La situación en estas dos ciudades, y en general en toda la región, ha movilizado numerosas iniciativas -en particular en Estados Unidos- y un plan de apoyo a la comunidad árabe-cristiana por parte de la Custodia de Tierra Santa, encomendada a los franciscanos. Su proyecto incluye la construcción de viviendas para los sectores más necesitados de la población palestina, y becas de estudio que faciliten a los jóvenes árabes católicos obtener su titulación en Israel o en los territorios ocupados sin necesidad de emigrar a Europa o a Estados Unidos.

Las iniciativas de apoyo a las comunidades cristianas apenas han servido hasta la fecha para aliviar la sensación de abandono entre la población árabe-cristiana. El desconcierto y la irritación se centran en la actitud de los gobiernos occidentales, que suelen hacer la vista gorda en materia de libertad religiosa cuando se trata de estrechar relaciones políticas o comerciales con los regímenes más intolerantes de Oriente Próximo. Algunas de las iniciativas políticas, tomadas casi exclusivamente en Estados Unidos, apenas han servido para sensibilizar a la opinión pública norteamericana respecto a la pobre suerte de los cristianos del mundo árabe. Cuando no han sido trivializadas con el sambenito de «fundamentalistas». Ése es el caso de la propuesta de un conocido político neoyorquino, que pidió un boicot de los productos de las compañías norteamericanas que hacen negocios con los regímenes árabes que persiguen a los cristianos.

Solo EE.UU. se preocupa

En el terreno institucional, Estados Unidos es, sin embargo, el único régimen occidental que se preocupa por la cuestión. Washington ha tratado de mostrar su «respaldo moral» a las minorías cristianas dentro del islam a través de las audiencias especiales organizadas por el Senado, y sobre todo con el informe anual sobre la persecución religiosa en el mundo que desde 1999 publica el Departamento de Estado.

La campaña de denuncias ha comenzado a prender en algunos círculos mediáticos occidentales. Una cosa es plantearse si es oportuno exigir a los regímenes árabes los estándares democráticos del Occidente cristiano. Y otra muy distinta comulgar con ruedas de molino en materia de derechos fundamentales del hombre. Entre ellos, el de la libertad religiosa.

En uno de sus últimos números, el semanario The Economist (3-IV-2004) aborda el problema al analizar el afán de algunas elites árabes por lograr en sus países mayor espacio de libertad política y económica. La revista establece un ranking de libertades en los 18 países árabes. En cabeza de la lista, sumadas las distintas puntuaciones, figura Marruecos. En la cola, Arabia Saudí, el país con más estrechas relaciones económicas con Occidente.

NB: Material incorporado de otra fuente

-- ===== src/TcpPipe/Line/Framed/Timeouts.antt =====
-- The bytes of one side of a tcp_pipe_endpoint when a timer expires or the socket changes.
use common.Base.{
  ℕ, ◌≡◌, refl, sym, ap, ◌∙◌, List, [], ◌∷◌, Option, none, some, Bool, true, false, arith,
  Bool-cases, inl, inr, subst, ◌==◌, if◌then◌else◌,
}
use common.Results.{PipeOpRes, is_op_success}
use common.TcpPipe.Endpoint.{
  OperationData, Operation, Socket, on_timeout, take_pending_result, closing_result, time_out_later,
}
use common.TcpPipe.Line.{Phase, in_header, in_payload, Medium}
use common.TcpPipe.Line.Framed.{Laws, Waiting, Lined}

module _ {B R : Type 0} (m : Medium B R) (frame : List ℕ → List ℕ) (l : Laws m frame) where
  -- A time-out leaves the progress of an operation as it is.
  time_out_later-Waiting :
      (id : ℕ) (r : PipeOpRes) (ds : List (OperationData B))
      → Waiting m frame l ds
      → Waiting m frame l (time_out_later m.kind id r ds).0
  time_out_later-Waiting id r [] w = tt
  time_out_later-Waiting id r (d ∷ ds) w = elim (Bool-cases (d.id == id)) [
    | inl same ↦ rw same w.1
    | inr other ↦ rw other (w.0, time_out_later-Waiting id r ds w.1)
  ]

  take_pending_result-progress :
      (r : PipeOpRes) (op : Operation B)
      → is_op_success r ≡ false
      → (take_pending_result m.kind r op).0.progress ≡ op.progress
  unfolding take_pending_result
  take_pending_result-progress r op h = elim (Bool-cases op.m_is_promise_resolved) [
    | inl old ↦ simp (old) refl
    | inr new ↦ simp (new) (l.keeps op.progress r h)
  ]

  timeout_fails :
      (s : Socket)
      → is_op_success (if s.is_open then PipeOpRes.timeout else closing_result s) ≡ false
  timeout_fails s = ground arith

  -- Another operation in the first place, with the same progress.
  head-Lined :
      (d d' : OperationData B) (ds : List (OperationData B)) (open_ : Bool)
      (in_flight : Option Phase) (stream : List ℕ) (done : List (List ℕ))
      → d'.op.progress ≡ d.op.progress
      → Lined m frame l (d ∷ ds) open_ in_flight stream done
      → Lined m frame l (d' ∷ ds) open_ in_flight stream done
  head-Lined d d' ds open_ none stream done e x = absurd x.flight
  head-Lined d d' ds open_ (some in_header) stream done e x = record {
    tail = x.tail;
    line = x.line;
    partial = x.partial;
    end = x.end ∙ ap l.held (sym e);
    operations = (subst l.Good (sym e) x.operations.0, x.operations.1);
    flight = (x.flight.0, ap m.kind.header_buffer e ∙ x.flight.1);
  }
  head-Lined d d' ds open_ (some in_payload) stream done e x = record {
    tail = x.tail;
    line = x.line;
    partial = x.partial;
    end = x.end ∙ ap l.held (sym e);
    operations = (subst l.Good (sym e) x.operations.0, x.operations.1);
    flight = (x.flight.0, ap m.kind.payload_buffer e ∙ x.flight.1);
  }

  rest-Lined :
      (d : OperationData B) (ds ds' : List (OperationData B)) (open_ : Bool)
      (in_flight : Option Phase) (stream : List ℕ) (done : List (List ℕ))
      → Waiting m frame l ds'
      → Lined m frame l (d ∷ ds) open_ in_flight stream done
      → Lined m frame l (d ∷ ds') open_ in_flight stream done
  rest-Lined d ds ds' open_ none stream done w x = absurd x.flight
  rest-Lined d ds ds' open_ (some p) stream done w x = record {
    tail = x.tail;
    line = x.line;
    partial = x.partial;
    end = x.end;
    operations = (x.operations.0, w);
    flight = x.flight;
  }

  pub on_timeout-Lined :
      (id : ℕ) (ops : List (OperationData B)) (s : Socket) (in_flight : Option Phase)
      (stream : List ℕ) (done : List (List ℕ))
      → Lined m frame l ops s.is_open in_flight stream done
      → Lined m frame l (on_timeout m.kind id ops s).0 s.is_open in_flight stream done
  unfolding on_timeout
  on_timeout-Lined id [] s in_flight stream done x = x
  on_timeout-Lined id (d ∷ ds) s in_flight stream done x = elim (Bool-cases (d.id == id)) [
    | inl same ↦ simp (same) (
        head-Lined d _ ds s.is_open in_flight stream done
          (take_pending_result-progress (if s.is_open then PipeOpRes.timeout else closing_result s)
            d.op (timeout_fails s))
          x)
    | inr other ↦ simp (other) (
        rest-Lined d ds _ s.is_open in_flight stream done
          (time_out_later-Waiting id (if s.is_open then PipeOpRes.timeout else closing_result s) ds
            (waiting_of in_flight x))
          x)
  ]
    where
      waiting_of :
          (p : Option Phase)
          → Lined m frame l (d ∷ ds) s.is_open p stream done
          → Waiting m frame l ds
      waiting_of p x = x.operations.1

  pub closes-Lined :
      (ops : List (OperationData B)) (a b : Bool) (in_flight : Option Phase) (stream : List ℕ)
      (done : List (List ℕ))
      → (a ≡ false → b ≡ false)
      → Lined m frame l ops a in_flight stream done
      → Lined m frame l ops b in_flight stream done
  closes-Lined [] a b in_flight stream done h x = record {
    tail = x.tail;
    line = x.line;
    partial = x.partial;
    end = λ o. x.end (still a o h);
    operations = x.operations;
    flight = x.flight;
  }
    where
      still : (a : Bool) → b ≡ true → (a ≡ false → b ≡ false) → a ≡ true
      still true o h = refl
      still false o h = absurd (ground (arith, o, h refl))
  closes-Lined (d ∷ ds) a b in_flight stream done h x = record {
    tail = x.tail;
    line = x.line;
    partial = x.partial;
    end = x.end;
    operations = x.operations;
    flight = x.flight;
  }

En materia de libertad religiosa, el informe de The Economist sitúa a Túnez como el país más tolerante. Le siguen Siria e Irak, curiosamente los dos regímenes árabes tradicionalmente «canallas» para la Administración norteamericana. Países como Marruecos, Líbano y Jordania logran un aprobado más o menos raspado, mientras que el resto de los países árabes registran graves carencias en su respeto a las minorías no musulmanas. La revista otorga al régimen de los 7.000 príncipes saudíes un cero tanto en materia de libertad política como de libertad religiosa, entendida por el influyente semanario liberal como libertad de culto y separación del poder político respecto al religioso.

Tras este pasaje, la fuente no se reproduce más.